Work required> Which lines below fall between the one containing "pub default_llseek : ClientFile" and the one containing "seek_with none = ops.default_llseek"? Repeat them exactly, counting both of those lines, and add nothing else.

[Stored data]
-- Opening Marker --

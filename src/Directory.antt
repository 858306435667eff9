-- ===== src/Directory.antt =====
-- dir.c: a directory is listed and sought in through the client file of the continuation at the
-- position.
pub mod Listing
use chunkfs.Base.{
  ℕ, ◌+◌, ◌-◌, ◌%◌, ◌^◌, Bool, true, false, Option, none, some, List, [], ltb, ◌==◌, if◌then◌else◌,
}
use chunkfs.Kernel.{Ret, ok, err, bug, out_of_fuel}
use chunkfs.Client.{ClientFile, Status, success, failure, Transfer, moved, refused_io, Client}
use chunkfs.Cont.{Head, World, C, pure, ◌>>=◌, ◌>>◌}
use chunkfs.Create.{OpenCont}
use chunkfs.File.{OpenFile, enodata, open_cont_file, close_cont_file}

-- What a client's `iterate` leaves: its status, the entries that it emitted, `ctx->pos`, the file, and the
-- state.
pub record Iterated (S : Type 0) : Type 0 where
  pub status : Status
  pub entries : List ℕ
  pub ctx_pos : ℕ
  pub file : ClientFile
  pub fs : S

-- What a client's `llseek` returns, a position or `-e`, and the file.
pub record Sought : Type 0 where
  pub result : Transfer ℕ
  pub file : ClientFile

-- The calls on a client's directories; `llseek` may be missing. `iterate` is given `ctx->pos`, from which it
-- lists.
pub record DirOps (c : Client) : Type 0 where
  pub llseek : Option (ClientFile → ℕ → ℕ → Sought)
  pub default_llseek : ClientFile → ℕ → ℕ → Sought
  pub iterate : c.State → ClientFile → ℕ → Iterated c.State

-- An `int` that is given a `loff_t`, read as a position or as `-e`.
abbrev pub signed : ℕ → Transfer ℕ
signed x = if ltb x (2 ^ 31) then moved x else refused_io (2 ^ 32 - x)

unfoldable pub as_int : Transfer ℕ → Transfer ℕ
as_int (moved pos) = signed (pos % 2 ^ 32)
as_int (refused_io e) = refused_io e

-- What a call returns to the VFS, and the directory as it leaves it.
pub record Listed (A : Type 0) : Type 0 where
  pub result : A
  pub file : OpenFile

-- What a listing has returned, emitted, and left in `ctx->pos`.
pub record Emitted : Type 0 where
  pub status : Status
  pub entries : List ℕ
  pub ctx_pos : ℕ

module _ (c : Client) (ops : DirOps c) where
  abbrev pub seek_with : Option (ClientFile → ℕ → ℕ → Sought) → ClientFile → ℕ → ℕ → Sought
  seek_with (some llseek) = llseek
  seek_with none = ops.default_llseek

  unfoldable pub seek_at_cont : ℕ → Head → OpenFile → ℕ → OpenCont → C c.State (Listed (Transfer ℕ))
  unfolding close_cont_file as_int
  seek_at_cont fuel head file origin o =
      let a = seek_with ops.llseek o.client_file o.ppos origin in
      do
        file ← close_cont_file c fuel head file a.file o.cont
        pure (record { result = as_int a.result; file = file })

  abbrev pub or_refused :
      {A : Type 0}
      → (ℕ → A)
      → OpenFile
      → Ret OpenCont
      → (OpenCont → C c.State (Listed A))
      → C c.State (Listed A)
  or_refused refused file (ok o) f w = f o w
  or_refused refused file (err e) f w = (ok (record { result = refused e; file = file }), w)
  or_refused refused file bug f w = (bug, w)
  or_refused refused file out_of_fuel f w = (out_of_fuel, w)

  -- The offset is made relative to the continuation that holds it.
  unfoldable pub chunkfs_dir_llseek : ℕ → Head → OpenFile → ℕ → ℕ → C c.State (Listed (Transfer ℕ))
  unfolding open_cont_file seek_at_cont
  chunkfs_dir_llseek fuel head file offset origin w =
      let (r, w') = open_cont_file c fuel head offset w in
      or_refused refused_io file r (seek_at_cont fuel head file origin) w'

  -- `-ENODATA` counts as the end of the directory.
  abbrev pub listed : Status → Status
  listed success = success
  listed (failure e) = if e == enodata then success else failure e

  -- `ctx->pos` is not made relative to the continuation.
  unfoldable pub iterate_at_cont : ℕ → Head → OpenFile → ℕ → OpenCont → C c.State (Listed Emitted)
  unfolding close_cont_file
  iterate_at_cont fuel head file ctx_pos o w =
      let a = ops.iterate w.fs o.client_file ctx_pos in
      (do
        file ← close_cont_file c fuel head file a.file o.cont
        pure (record {
          result = record { status = listed a.status; entries = a.entries; ctx_pos = a.ctx_pos };
          file = file;
        }))
        (record w { fs = a.fs })

  unfoldable pub chunkfs_iterate : ℕ → Head → OpenFile → ℕ → C c.State (Listed Emitted)
  unfolding open_cont_file iterate_at_cont
  chunkfs_iterate fuel head file ctx_pos w =
      let (r, w') = open_cont_file c fuel head file.f_pos w in
      or_refused (λ e. record { status = failure e; entries = []; ctx_pos = ctx_pos }) file r
        (iterate_at_cont fuel head file ctx_pos) w'
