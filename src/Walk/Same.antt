-- ===== src/Walk/Same.antt =====
-- States of the clients in which names, inodes and attributes are the same.
use chunkfs.Base.{ℕ, ◌≡◌, sym, ◌∙◌, Option, none, some, List}
use mathlib.Core.Path.{subst}
use chunkfs.Client.{Inode, Dentry, Client}
use chunkfs.Cont.{ContData, Continuation, Head}
use chunkfs.Cont.Attributes.{HasData}
use chunkfs.Walk.Path.{Loaded, Follows, ContPath, last, step}

pub record Same (c : Client) (fs fs' : c.State) : Type 0 where
  pub paths : (path : List ℕ) → c.kern_path fs' path ≡ c.kern_path fs path
  pub inodes : (d : Dentry) → c.d_inode fs' d ≡ c.d_inode fs d
  pub attributes : (i : Inode) (name : List ℕ) → c.getxattr fs' i name ≡ c.getxattr fs i name

module _ (c : Client) (fs fs' : c.State) (same : Same c fs fs') where
  pub HasData-Same : (i : Inode) (cd : ContData) → HasData c fs i cd → HasData c fs' i cd
  HasData-Same i cd h = record {
    next = rw (same.attributes i) h.next;
    prev = rw (same.attributes i) h.prev;
    start = rw (same.attributes i) h.start;
    len = rw (same.attributes i) h.len;
  }

  Loaded-Same : (d : Dentry) (id : ℕ) (n : Continuation) → Loaded c fs d id n → Loaded c fs' d id n
  Loaded-Same d id n l = record {
    chunk = l.chunk;
    found = l.found;
    attributes =
        subst (λ i. HasData c fs' i n.co_cd) (sym (same.inodes d))
          (HasData-Same _ n.co_cd l.attributes);
    same = rw (same.inodes d) l.same;
  }

  Follows-Same :
      (head : Head) (prev : Option Continuation) (n : Continuation)
      → Follows c fs head prev n
      → Follows c fs' head prev n
  Follows-Same head none n f = Loaded-Same _ _ n f
  Follows-Same head (some p) n f = record {
    not_head = f.not_head;
    not_zero = f.not_zero;
    dentry = f.dentry;
    path = same.paths _ ∙ f.path;
    loaded = Loaded-Same _ _ n f.loaded;
  }

  pub ContPath-Same :
      (head : Head) {prev : Option Continuation} {ns : List Continuation}
      → ContPath c fs head prev ns
      → ContPath c fs' head prev ns
  ContPath-Same head (last e) = last e
  ContPath-Same head (step {prev} {n} f path) =
      step (Follows-Same head prev n f) (ContPath-Same head path)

-- Closing Marker --

Task answer>
  pub default_llseek : ClientFile → ℕ → ℕ → Sought
  pub iterate : c.State → ClientFile → ℕ → Iterated c.State

-- An `int` that is given a `loff_t`, read as a position or as `-e`.
abbrev pub signed : ℕ → Transfer ℕ
signed x = if ltb x (2 ^ 31) then moved x else refused_io (2 ^ 32 - x)

unfoldable pub as_int : Transfer ℕ → Transfer ℕ
as_int (moved pos) = signed (pos % 2 ^ 32)
as_int (refused_io e) = refused_io e

-- What a call returns to the VFS, and the directory as it leaves it.
pub record Listed (A : Type 0) : Type 0 where
  pub result : A
  pub file : OpenFile

-- What a listing has returned, emitted, and left in `ctx->pos`.
pub record Emitted : Type 0 where
  pub status : Status
  pub entries : List ℕ
  pub ctx_pos : ℕ

module _ (c : Client) (ops : DirOps c) where
  abbrev pub seek_with : Option (ClientFile → ℕ → ℕ → Sought) → ClientFile → ℕ → ℕ → Sought
  seek_with (some llseek) = llseek
  seek_with none = ops.default_llseek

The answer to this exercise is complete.